I suppose you should ask this question to the mods, too.

If a member quits membership she/he has the possibility to decide to remove any of her/his post ever written. 
Surely mods could do the same if neccessary - for whatever reason. 

The reason why PropeNonComposMentis did leave this forum is unknown to me. 

I did a quick search, found some posts regarding to him, but no more member with this name.

Sorry.


----------



## Maximilian (Mar 26, 2015)

Please also refer to this forum information:
http://www.canonrumors.com/forum/index.php?topic=15652.msg286175#msg286175


----------



## Valvebounce (Mar 26, 2015)

Hi Maximilian. 
Thanks for the link, though it seems to relate to losses after more than 6 months not posting, I'm sure I saw posts from PropeNonComposMentis within the last couple of months or less. I guess either he or a moderator removed him!
Didn't realise he had been a bad boy! 

Cheers, Graham.


----------



## martti (Mar 26, 2015)

Got here because I tought that somebody else than myself was interested in the former prime minister of Estonia, Edgar Savisaar, having his leg amputated. I am not used to the way you guys use words...I am too stuck in the real world. Maybe if I drink something...


----------



## neuroanatomist (Mar 26, 2015)

martti said:


> Got here because I tought that somebody else than myself was interested in the former prime minister of Estonia, Edgar Savisaar, having his leg amputated. I am not used to the way you guys use words...I am too stuck in the real world. Maybe if I drink something...



At least in common English usage and certain literary genres, the term 'member' generally refers to a specific appendage present on only one gender, and I would strongly prefer to not have mine 'deleted'.


----------



## mackguyver (Mar 26, 2015)

neuroanatomist said:


> I would strongly prefer to not have mine 'deleted'.


+1 - LOL!


----------



## Mt Spokane Photography (Mar 26, 2015)

He posted a note asking to be deleted, so I suspect he was.


----------



## Marsu42 (Mar 26, 2015)

Mt Spokane Photography said:


> He posted a note asking to be deleted, so I suspect he was.

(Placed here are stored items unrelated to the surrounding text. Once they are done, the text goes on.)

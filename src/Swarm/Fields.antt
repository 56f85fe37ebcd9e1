-- ===== src/Swarm/Fields.antt =====
-- A bitfield of Storage/swarm/swarm.go as a set of chunks.
use dfs_go.Common.{ℕ, zero, suc, ◌/◌, ◌%◌, ◌<◌, ◌≡◌, refl, ap, ◌∙◌, arith}
use dfs_go.Common.{Bool, true, false, List, [], ◌∷◌, ltb, leb, ◌==◌, if◌then◌else◌, ◌&&◌}
use dfs_go.Common.{Bool-cases, inl, inr, ℕ_discrete, dec_lt, length, get_or, All}
use dfs_go.Ipc.Words.{pos}
use dfs_go.Swarm.{update_byte, with_bit, without_bit, bit}
use dfs_go.Swarm.{set_bit, clear_bit, has_bit}
use dfs_go.Swarm.Bytes.{bit-with_bit, bit-without_bit, with_bit-lt}

abbrev pub IsBytes : List ℕ → Type 0
IsBytes bf = All (λ b. b < 256) bf

pub length-update_byte : (f : ℕ → ℕ) (i : ℕ) (bs : List ℕ) → length (update_byte f i bs) ≡ length bs
length-update_byte f i [] = refl
length-update_byte f zero (b ∷ bs) = refl
length-update_byte f (suc i) (b ∷ bs) = ap suc (length-update_byte f i bs)

pub get_or-update_byte :
    (f : ℕ → ℕ) (i j : ℕ) (bs : List ℕ)
    → i < length bs
    → get_or (update_byte f i bs) j 0 ≡ (if i == j then f (get_or bs i 0) else get_or bs j 0)
get_or-update_byte f i j [] h = absurd (omega arith)
get_or-update_byte f zero zero (b ∷ bs) h = ground arith
get_or-update_byte f zero (suc j) (b ∷ bs) h = ground arith
get_or-update_byte f (suc i) zero (b ∷ bs) h = ground arith
get_or-update_byte f (suc i) (suc j) (b ∷ bs) h =
    get_or-update_byte f i j bs (omega arith) ∙ ground arith

get_or-IsByte : (bs : List ℕ) (i : ℕ) → IsBytes bs → get_or bs i 0 < 256
get_or-IsByte [] i h = omega arith
get_or-IsByte (b ∷ bs) zero h = h.0
get_or-IsByte (b ∷ bs) (suc i) h = get_or-IsByte bs i h.1

-- bit `m` of byte `q`, if there is such a byte
present : List ℕ → ℕ → ℕ → Bool
present bf q m = if leb (length bf) q then false else bit m (get_or bf q 0)

-- One byte of the field is changed at bit `k`, to `v`.
module _ (f : ℕ → ℕ) (v : Bool) (bf : List ℕ) (p k q m : ℕ) (inside : p < length bf)
    (acts : bit m (f (get_or bf p 0)) ≡ (if k == m then v else bit m (get_or bf p 0))) where
  present-update_byte :
      present (update_byte f p bf) q m ≡ (if (p == q) && (k == m) then v else present bf q m)
  unfolding present
  present-update_byte = elim (ℕ_discrete p q) [
    | yes e ↦
        rw (length-update_byte, get_or-update_byte f p q bf inside, ← e) (ground (arith, acts))
    | no n ↦ rw (length-update_byte, get_or-update_byte f p q bf inside) (ground arith)
  ]

split_eq : (i j : ℕ) → (i == j) ≡ ((i / 8 == j / 8) && (i % 8 == j % 8))
split_eq i j = ground arith

module _ (bf : List ℕ) (bytes : IsBytes bf) (i j : ℕ) where
  -- After `SetBit` a chunk is there if it was before, or it is the one set and the field has a byte
  -- for it.
  pub has_bit-set_bit :
      has_bit (set_bit bf (pos i)) (pos j)
      ≡ (if (i == j) && ltb (i / 8) (length bf) then true else has_bit bf (pos j))
  unfolding has_bit set_bit present
  has_bit-set_bit = elim (dec_lt (i / 8) (length bf)) [
    | yes h ↦ rw split_eq (
        ground (
          arith,
          present-update_byte (with_bit (i % 8)) true bf (i / 8) (i % 8) (j / 8) (j % 8) h (
              bit-with_bit (get_or bf (i / 8) 0) (i % 8) (j % 8) (get_or-IsByte bf (i / 8) bytes)
                (omega arith) (omega arith)),
        ))
    | no h ↦ ground arith
  ]

  -- After `ClearBit` a chunk is there if it was before, and is not the one cleared.
  pub has_bit-clear_bit :
      has_bit (clear_bit bf (pos i)) (pos j) ≡ (if i == j then false else has_bit bf (pos j))
  unfolding has_bit clear_bit present
  has_bit-clear_bit = elim (dec_lt (i / 8) (length bf)) [
    | yes h ↦ rw split_eq (
        ground (
          arith,
          present-update_byte (without_bit (i % 8)) false bf (i / 8) (i % 8) (j / 8) (j % 8) h (
              bit-without_bit (get_or bf (i / 8) 0) (i % 8) (j % 8) (get_or-IsByte bf (i / 8) bytes)
                (omega arith) (omega arith)),
        ))
    | no h ↦ ground arith
  ]

pub update_byte-IsBytes :
    (f : ℕ → ℕ)
    → ((b : ℕ) → b < 256 → f b < 256)
    → (i : ℕ) (bs : List ℕ) → IsBytes bs
    → IsBytes (update_byte f i bs)
update_byte-IsBytes f keeps i [] h = tt
update_byte-IsBytes f keeps zero (b ∷ bs) h = (keeps b h.0, h.1)
update_byte-IsBytes f keeps (suc i) (b ∷ bs) h = (h.0, update_byte-IsBytes f keeps i bs h.1)

pub set_bit-IsBytes :
    (bf : List ℕ) (i : ℕ)
    → IsBytes bf
    → (IsBytes (set_bit bf (pos i))) × (length (set_bit bf (pos i)) ≡ length bf)
unfolding set_bit
set_bit-IsBytes bf i h = elim (Bool-cases (leb (length bf) (i / 8))) [
  | inl e ↦ rw e (h, refl)
  | inr e ↦ rw e (
    update_byte-IsBytes (with_bit (i % 8)) (λ b lt. (with_bit-lt b (i % 8) lt (omega arith)).0)
        (i / 8) bf h,
    length-update_byte (with_bit (i % 8)) (i / 8) bf,
  )
]

pub clear_bit-IsBytes :
    (bf : List ℕ) (i : ℕ)
    → IsBytes bf
    → (IsBytes (clear_bit bf (pos i))) × (length (clear_bit bf (pos i)) ≡ length bf)
unfolding clear_bit
clear_bit-IsBytes bf i h = elim (Bool-cases (leb (length bf) (i / 8))) [
  | inl e ↦ rw e (h, refl)
  | inr e ↦ rw e (
    update_byte-IsBytes (without_bit (i % 8)) (λ b lt. (with_bit-lt b (i % 8) lt (omega arith)).1)
        (i / 8) bf h,
    length-update_byte (without_bit (i % 8)) (i / 8) bf,
  )
]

And he succeeded being removed with all his posts, and didn't delete 'em one by one? Remarkable.


----------



## lion rock (Mar 26, 2015)

Neuro,
You had me choking.
-r





neuroanatomist said:


> martti said:
> 
> 
> > Got here because I tought that somebody else than myself was interested in the former prime minister of Estonia, Edgar Savisaar, having his leg amputated. I am not used to the way you guys use words...I am too stuck in the real world. Maybe if I drink something...
> ...


----------



## martti (Mar 26, 2015)

You all make it up as you go.
Now there was a worry af a member of the of this communion having disappeared. 
Had she lost any appendages in the process. She had not not been cut or quartered. she only had disappeared from some listings. In one piece.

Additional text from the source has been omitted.